Exercise brief: Write out once more the lines running from the top of the entries below to the line with "unfoldable pub new_local_stream : LocalStream", both ends included.

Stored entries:
◇ ◇ ◇
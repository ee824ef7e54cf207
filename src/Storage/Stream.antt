-- ===== src/Storage/Stream.antt =====
-- `localStream` of internal/storage/proto/storage.pb.go as an object with its methods, and
-- `UploadSegment` (internal/storage/service.go) over it. Its loop runs on fuel, one unit for each `Recv`.
use tritontube.Base.{
  Bool-cases, inl, inr, ℕ, zero, suc, ◌≤◌, Str, true, false, List, [], ◌∷◌, ◌++◌, Option, none,
  some, Map, map, any, length, if◌then◌else◌, ◌≡◌, refl, ap, sym, ◌∙◌, append_assoc, append-nil,
}
use tritontube.Storage.Types.{
  UploadSegmentRequest, UploadSegmentResponse, Result, ok, err, get_header, get_chunk, get_commit,
  missing_header, stream_broken, closed_without_response,
}
use tritontube.Storage.Upload.{
  message, Checked, check_header, Service, Environment, after_receive, upload_segment,
}
use tritontube.Storage.Local.{
  receive_local, local_header, local_checked, local_payload, invoke_upload_segment,
  invoke_upload_segment_returns, Ended,
}

-- The mutex makes each method one step.
pub record LocalStream : Type 0 where
  pub req : List UploadSegmentRequest
  pub res : Option UploadSegmentResponse
  pub error : Option Str

unfoldable pub new_local_stream : LocalStream
new_local_stream = record { req = []; res = none; error = none }

unfoldable pub send : UploadSegmentRequest → LocalStream → LocalStream × Option Str
send msg st = elim st.error [
  | none ↦ (record st { req = st.req ++ msg ∷ [] }, none)
  | some e ↦ (st, some e)
]

unfoldable pub close_and_recv : LocalStream → Option UploadSegmentResponse × Option Str
close_and_recv st = (st.res, st.error)

-- A nil message is `none`.
unfoldable pub recv : LocalStream → LocalStream × (Option UploadSegmentRequest × Option Str)
recv st = elim st.req [
  | [] ↦ (st, (none, st.error))
  | msg ∷ msgs ↦ (record st { req = msgs }, (some msg, none))
]

unfoldable pub send_and_close : UploadSegmentResponse → LocalStream → LocalStream × Option Str
send_and_close res st = elim st.error [
  | none ↦ (record st { res = some res }, none)
  | some e ↦ (st, some e)
]

-- Requests that are sent one after the other
unfoldable pub send_all : List UploadSegmentRequest → LocalStream → LocalStream
unfolding send
send_all [] st = st
send_all (msg ∷ msgs) st = send_all msgs (send msg st).0

-- A fresh stream over which the requests are sent is the one that `InvokeUploadSegment` fills.
send_all-req :
    (msgs reqs : List UploadSegmentRequest)
    → send_all msgs (record new_local_stream { req = reqs })
      ≡ record new_local_stream { req = reqs ++ msgs }
unfolding send_all new_local_stream
send_all-req [] reqs = ap (λ l. record new_local_stream { req = l }) (sym (append-nil reqs))
send_all-req (msg ∷ msgs) reqs =
    send_all-req msgs (reqs ++ msg ∷ [])
    ∙ ap (λ l. record new_local_stream { req = l }) (append_assoc reqs (msg ∷ []) msgs)

-- The header out of the first `Recv`; a nil message has none.
unfoldable pub header_from :
    LocalStream × (Option UploadSegmentRequest × Option Str) → Result Checked
unfolding check_header get_header
header_from (st, (o, some e)) = err (stream_broken e)
header_from (st, (none, none)) = err missing_header
header_from (st, (some msg, none)) = check_header (get_header msg)

-- One round of the loop; a nil message has no chunk and no commit.
unfoldable pub round :
    (LocalStream → Str → Option (LocalStream × Result Str))
    → LocalStream × (Option UploadSegmentRequest × Option Str)
    → Str
    → Option (LocalStream × Result Str)
unfolding get_chunk get_commit
round again (st, (o, some e)) payload = some (st, err (stream_broken e))
round again (st, (none, none)) payload = again st payload
round again (st, (some msg, none)) payload =
    let collected = payload ++ get_chunk msg in
    let rest = again st collected in if get_commit msg then some (st, ok collected) else rest

unfoldable pub collect : ℕ → LocalStream → Str → Option (LocalStream × Result Str)
unfolding round recv
collect zero st payload = none
collect (suc fuel) st payload = round (collect fuel) (recv st) payload

-- What `InvokeUploadSegment` reads off the stream at the end
unfoldable pub stream_result :
    LocalStream → Option Str → Option UploadSegmentResponse → Result UploadSegmentResponse
stream_result st (some e) res = err (stream_broken e)
stream_result st none none = err closed_without_response
stream_result st none (some res) = ok res

module _ {S : Type 0} (env : Environment) (service : Service S) where
  -- The service's answer is sent over the stream, whose state decides the outcome.
  unfoldable pub answered :
      LocalStream → (Map Str × S) × Result UploadSegmentResponse → Ended env service
  unfolding send_and_close stream_result
  answered st (p, err e) = (p, err e)
  answered st (p, ok res) =
      let (closed, e) = send_and_close res st in (p, stream_result closed closed.error closed.res)

  unfoldable pub collected :
      Checked → Option (LocalStream × Result Str) → Map Str → S → Option (Ended env service)
  unfolding after_receive answered
  collected checked none files s = none
  collected checked (some (st, payload)) files s = some (
      answered st
        (after_receive (record env { send_error = st.error }) service checked payload files s))

  unfoldable pub with_header :
      Result Checked → ℕ → LocalStream → Map Str → S → Option (Ended env service)
  unfolding collected collect
  with_header (err e) fuel st files s = some ((files, s), err e)
  with_header (ok checked) fuel st files s = collected checked (collect fuel st []) files s

  unfoldable pub invoke_over_stream :
      ℕ → List UploadSegmentRequest → Map Str → S → Option (Ended env service)
  unfolding with_header header_from recv new_local_stream
  invoke_over_stream fuel reqs files s =
      let first = recv (record new_local_stream { req = new_local_stream.req ++ reqs }) in
      with_header (header_from first) fuel first.0 files s

  -- A stream without an error carries the answer of the service unchanged.
  answered_lem :
      (reqs : List UploadSegmentRequest) (p : (Map Str × S) × Result UploadSegmentResponse)
      → answered (record { req = reqs; res = none; error = none }) p ≡ p
  unfolding answered
  answered_lem reqs (p, err e) = refl
  answered_lem reqs (p, ok res) = refl

  abbrev in_process : Environment
  in_process = record env { send_error = none }

  collected_lem :
      (checked : Checked) (fuel : ℕ) (reqs : List UploadSegmentRequest) (payload : Str)
      (files : Map Str) (s : S)
      → collected checked
          (collect fuel (record { req = reqs; res = none; error = none }) payload)
          files
          s
        ≡ local_payload in_process service checked (receive_local fuel reqs payload) files s
  unfolding collect receive_local
  collected_lem checked zero reqs payload files s = unfold collected local_payload in refl
  collected_lem checked (suc fuel) [] payload files s =
      collected_lem checked fuel [] payload files s
  collected_lem checked (suc fuel) (msg ∷ reqs) payload files s =
      elim (Bool-cases (get_commit msg)) [
        | inl done ↦ rw done (
            unfold collected local_payload in
            ap some (
              answered_lem reqs
                (after_receive in_process service checked (ok (payload ++ get_chunk msg)) files s)))
        | inr more ↦ rw more (collected_lem checked fuel reqs (payload ++ get_chunk msg) files s)
      ]

  with_header_lem :
      (h : Result Checked) (fuel : ℕ) (reqs : List UploadSegmentRequest) (files : Map Str) (s : S)
      → with_header h fuel (record { req = reqs; res = none; error = none }) files s
        ≡ local_checked in_process service h fuel reqs files s
  unfolding with_header local_checked
  with_header_lem (err e) fuel reqs files s = refl
  with_header_lem (ok checked) fuel reqs files s = collected_lem checked fuel reqs [] files s

  invoke_over_stream_lem :
      (fuel : ℕ) (reqs : List UploadSegmentRequest) (files : Map Str) (s : S)
      → invoke_over_stream fuel reqs files s
        ≡ invoke_upload_segment in_process service fuel reqs files s
  unfolding invoke_over_stream invoke_upload_segment local_header
  invoke_over_stream_lem fuel [] files s = with_header_lem (err missing_header) fuel [] files s
  invoke_over_stream_lem fuel (msg ∷ reqs) files s =
      with_header_lem (check_header (get_header msg)) fuel reqs files s

  -- After a sound header, `InvokeUploadSegment` over its local stream returns exactly if one of the later requests is a
  -- commit. With a commit it returns within as many calls of `Recv` as there are requests, with the
  -- outcome of the same upload over a stream that ends. Without one it never returns, although an
  -- upload over a stream that ends does.
  pub invoke_over_stream_returns :
      (msg : UploadSegmentRequest) (reqs : List UploadSegmentRequest) (checked : Checked)
      (files : Map Str) (s : S)
      → check_header (get_header msg) ≡ ok checked
      → ((fuel : ℕ)
          → length reqs ≤ fuel
          → any get_commit reqs ≡ true
          → invoke_over_stream fuel (msg ∷ reqs) files s
            ≡ some (upload_segment in_process service (map message (msg ∷ reqs)) files s))
        × ((fuel : ℕ)
            → any get_commit reqs ≡ false
            → invoke_over_stream fuel (msg ∷ reqs) files s ≡ none)
  invoke_over_stream_returns msg reqs checked files s h =
      let local = invoke_upload_segment_returns in_process service msg reqs checked files s h in
      (
        λ fuel enough c. invoke_over_stream_lem fuel (msg ∷ reqs) files s ∙ local.0 fuel enough c,
        λ fuel c. invoke_over_stream_lem fuel (msg ∷ reqs) files s ∙ local.1 fuel c,
      )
◇ ◇ ◇
Output of the task:
repository ee824ef7e54cf207
filename src/Storage/Stream.antt
-- ===== src/Storage/Stream.antt =====
-- `localStream` of internal/storage/proto/storage.pb.go as an object with its methods, and
-- `UploadSegment` (internal/storage/service.go) over it. Its loop runs on fuel, one unit for each `Recv`.
use tritontube.Base.{
  Bool-cases, inl, inr, ℕ, zero, suc, ◌≤◌, Str, true, false, List, [], ◌∷◌, ◌++◌, Option, none,
  some, Map, map, any, length, if◌then◌else◌, ◌≡◌, refl, ap, sym, ◌∙◌, append_assoc, append-nil,
}
use tritontube.Storage.Types.{
  UploadSegmentRequest, UploadSegmentResponse, Result, ok, err, get_header, get_chunk, get_commit,
  missing_header, stream_broken, closed_without_response,
}
use tritontube.Storage.Upload.{
  message, Checked, check_header, Service, Environment, after_receive, upload_segment,
}
use tritontube.Storage.Local.{
  receive_local, local_header, local_checked, local_payload, invoke_upload_segment,
  invoke_upload_segment_returns, Ended,
}

-- The mutex makes each method one step.
pub record LocalStream : Type 0 where
  pub req : List UploadSegmentRequest
  pub res : Option UploadSegmentResponse
  pub error : Option Str

unfoldable pub new_local_stream : LocalStream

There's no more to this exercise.